Mechanism and regulation of vitamin B2 (riboflavin) uptake by mouse and human pancreatic β-cells/islets: physiological and molecular aspects

Riboflavin (RF) is essential for the normal metabolic activities of pancreatic beta-cells and provides protection against oxidative stress. Very little is known about the mechanism of RF uptake by these cells and how the process is regulated. We addressed these issues using mouse-derived pancreatic beta-TC-6 cells and freshly isolated primary mouse and human pancreatic islets. Our results showed H-3-RF uptake by beta-TC-6 cells is Na+ independent, cis inhibited by RF-related compounds, trans stimulated by unlabeled RF, and saturable as a function of concentration (apparent K-m of 0.17 +/- 0.02 mu M). The latter findings suggest involvement of a carrier-mediated process. Similarly, RF uptake by primary mouse and human pancreatic islets was via carrier-mediated process. RF transporters 1, 2, and 3 (RFVT-1, -3, and -2) were all expressed in mouse and human pancreatic beta-cells/islets, with RFVT-1 being the predominant transporter expressed in the mouse and RFVT-3 in the human. Specific knockdown of RFVT-1 with gene-specific small interfering RNA leads to a significant inhibition in RF uptake by beta-TC-6 cells.

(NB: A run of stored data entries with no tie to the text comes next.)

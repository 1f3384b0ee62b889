-- ===== src/Agent/Tasks/Reports.antt =====
-- What the agent reports of a task.
use wireguard_babeld_igp.Base.{
  ◌≡◌, ◌⊎◌, inl, inr, ◌=?◌, string_key, ite_ind, refl, true, false, List, [], ◌∷◌, String, Bool,
  Bool-cases, Option, none, some, ◌∙◌,
}
use wireguard_babeld_igp.Errors.{ok, err, Result, Error}
use wireguard_babeld_igp.Types.{
  NodeConfig, task_type_update, task_status_success, task_status_failed,
}
use wireguard_babeld_igp.Config.{AgentConfig}
use wireguard_babeld_igp.Agent.System.{
  System, Agent, Report, Command, Done, Handled, handled, exits, and_then, wrapped_in, run, ran,
  written, write_file, Files,
}
use wireguard_babeld_igp.Agent.Tasks.{
  if_changed, enable_wireguard, restart_wireguard, restart_babeld, install_peer, update_peer,
  update_wireguard, install_babel, update_babel, handle_config_update, handle_task, install,
  install_texts, install_fetched, report_success, report_failure, finish, report_status, unless_dry,
  fetch_config,
}

-- A step that leaves the reports as they are, whatever it returns.
Silent : (Agent → Done) → Type 0
Silent f = (a : Agent) → (f a).1.reports ≡ a.reports

seq_from :
    (a : Agent) (d : Done) (g : Agent → Done)
    → d.1.reports ≡ a.reports
    → Silent g
    → (and_then d g).1.reports ≡ a.reports
unfolding Silent and_then
seq_from a (ok u, b) g e t = t b ∙ e
seq_from a (err x, b) g e t = e

seq-Silent : (f g : Agent → Done) → Silent f → Silent g → Silent (λ a. and_then (f a) g)
unfolding Silent
seq-Silent f g s t a = seq_from a (f a) g (s a) t

wrap_from :
    (text : String) (a : Agent) (d : Done)
    → d.1.reports ≡ a.reports
    → (wrapped_in text d).1.reports ≡ a.reports
unfolding wrapped_in
wrap_from text a (ok u, b) e = e
wrap_from text a (err x, b) e = e

wrap-Silent : (text : String) (f : Agent → Done) → Silent f → Silent (λ a. wrapped_in text (f a))
unfolding Silent
wrap-Silent text f s a = wrap_from text a (f a) (s a)

ran_reports : (a : Agent) (o : Option Error) → (ran a o).1.reports ≡ a.reports
unfolding ran
ran_reports a none = refl
ran_reports a (some e) = refl

run-Silent : (sys : System) (c : Command) → Silent (run sys c)
unfolding Silent run
run-Silent sys c a = ran_reports (record a { runs = c ∷ a.runs }) (sys.run_error a.runs c)

written_reports :
    (path text : String) (o : Option (Error × Files)) (a : Agent)
    → (written path text o a).1.reports ≡ a.reports
unfolding written
written_reports path text none a = refl
written_reports path text (some e) a = refl

write_file-Silent : (sys : System) (path text : String) → Silent (write_file sys path text)
unfolding Silent write_file
write_file-Silent sys path text a = written_reports path text (sys.write_error path text a.files) a

module _ (sys : System) (cfg : AgentConfig) where
  unless_dry-Silent : (f : Agent → Done) → Silent f → Silent (unless_dry sys cfg f)
  unfolding Silent unless_dry
  unless_dry-Silent f s a = elim (Bool-cases cfg.dry_run) [ inl e ↦ rw e refl | inr e ↦ rw e (s a) ]

  if_changed-Silent :
      (r : Result Bool) (k : Agent → Done) → Silent k → Silent (if_changed sys cfg r k)
  unfolding Silent if_changed
  if_changed-Silent (err e) k s a = refl
  if_changed-Silent (ok true) k s a = s a
  if_changed-Silent (ok false) k s a = refl

  command-Silent :
      (text : String) (c : Command)
      → Silent (unless_dry sys cfg (λ a. wrapped_in text (run sys c a)))
  command-Silent text c = unless_dry-Silent _ (wrap-Silent text _ (run-Silent sys c))

  write-Silent :
      (text path body : String)
      → Silent (λ a. wrapped_in text (unless_dry sys cfg (write_file sys path body) a))
  write-Silent text path body =
      wrap-Silent text _ (unless_dry-Silent _ (write_file-Silent sys path body))

  install_peer-Silent : (peer text : String) → Silent (install_peer sys cfg peer text)
  unfolding install_peer enable_wireguard restart_wireguard
  install_peer-Silent peer text =
      seq-Silent _ _ (write-Silent _ _ _) (
        seq-Silent _ _ (wrap-Silent _ _ (command-Silent _ _))
          (wrap-Silent _ _ (command-Silent _ _)))

  update_wireguard-Silent : (l : List (String × String)) → Silent (update_wireguard sys cfg l)
  unfolding Silent update_wireguard update_peer
  update_wireguard-Silent [] a = refl
  update_wireguard-Silent ((peer, text) ∷ l) a =
      seq-Silent (update_peer sys cfg peer text) _
        (λ b. if_changed-Silent _ _ (install_peer-Silent peer text) b) (update_wireguard-Silent l) a

  update_babel-Silent : (config : String) → Silent (update_babel sys cfg config)
  unfolding Silent update_babel install_babel restart_babeld
  update_babel-Silent config a =
      if_changed-Silent _ _
        (seq-Silent _ _ (write-Silent _ _ _) (wrap-Silent _ _ (command-Silent _ _))) a

  install-Silent :
      (config : NodeConfig) (texts : List (String × String)) → Silent (install sys cfg config texts)
  unfolding install
  install-Silent config texts =
      seq-Silent _ _ (wrap-Silent _ _ (update_wireguard-Silent texts))
        (wrap-Silent _ _ (update_babel-Silent config.babel))

  abbrev reported : String → String → String → Agent → List Report
  reported id status error a = record { task_id = id; status = status; error = error } ∷ a.reports

  -- One report more, of the task's success or of its failure with a text, or the exit that a body of
  -- WireGuard configurations brings which does not parse.
  pub IsReported : String → Agent → Handled Agent → Type 0
  IsReported id a (exits e) =
      (config : NodeConfig) × (fetch_config sys cfg ≡ ok config)
      × (sys.decode_texts config.wireguard ≡ err e)
  IsReported id a (handled b) =
      (b.reports ≡ reported id task_status_success "" a)
      ⊎ ((text : String) × (b.reports ≡ reported id task_status_failed text a))

  done-IsReported :
      (id : String) (a : Agent) (d : Done)
      → d.1.reports ≡ a.reports
      → IsReported id a (finish sys cfg id (handled (report_success sys cfg id d)))
  unfolding finish report_success report_failure report_status IsReported
  done-IsReported id a (ok u, b) e = inl (rw e refl)
  done-IsReported id a (err x, b) e = inr (sys.text_of x, rw e refl)

  texts-IsReported :
      (id : String) (a : Agent) (config : NodeConfig)
      → fetch_config sys cfg ≡ ok config
      → (texts : Result (List (String × String))) → sys.decode_texts config.wireguard ≡ texts
      → IsReported id a (finish sys cfg id (install_texts sys cfg id config texts a))
  unfolding finish install_texts IsReported Silent
  texts-IsReported id a config f (err e) g = (config, f, g)
  texts-IsReported id a config f (ok texts) g =
      done-IsReported id a (install sys cfg config texts a) (install-Silent config texts a)

  fetched-IsReported :
      (id : String) (a : Agent) (c : Result NodeConfig)
      → fetch_config sys cfg ≡ c
      → IsReported id a (finish sys cfg id (install_fetched sys cfg id c a))
  unfolding finish install_fetched report_failure report_status IsReported
  fetched-IsReported id a (err e) f = inr (sys.text_of e, refl)
  fetched-IsReported id a (ok config) f =
      texts-IsReported id a config f (sys.decode_texts config.wireguard) refl

  -- A task that the agent handles adds exactly one report, under the task's identifier: of success
  -- without an error's text, or of failure with one. The agent exits without one only when the
  -- configuration that it fetched holds WireGuard texts that do not parse.
  pub handle_task-IsReported :
      (id type : String) (a : Agent) → IsReported id a (handle_task sys cfg id type a)
  unfolding handle_task handle_config_update finish report_failure report_status IsReported
  handle_task-IsReported id type a =
      ite_ind (λ h. IsReported id a (finish sys cfg id h)) (type =? task_type_update) _ _
        (λ e. fetched-IsReported id a (fetch_config sys cfg) refl) (λ n. inr (sys.text_of _, refl))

RF uptake by beta-TC-6 cells was also found to be adaptively upregulated in RF deficiency via a transcriptional mechanism(s). Also, the process appears to be under the regulation of a Ca2+/calmodulin-mediated regulatory pathway. Results of these studies demonstrate, for the first time, the involvement of a carrier-mediated process for RF uptake by mouse and human pancreatic beta-cells/islets. Furthermore, the process appears to be regulated by extracellular and intracellular factors.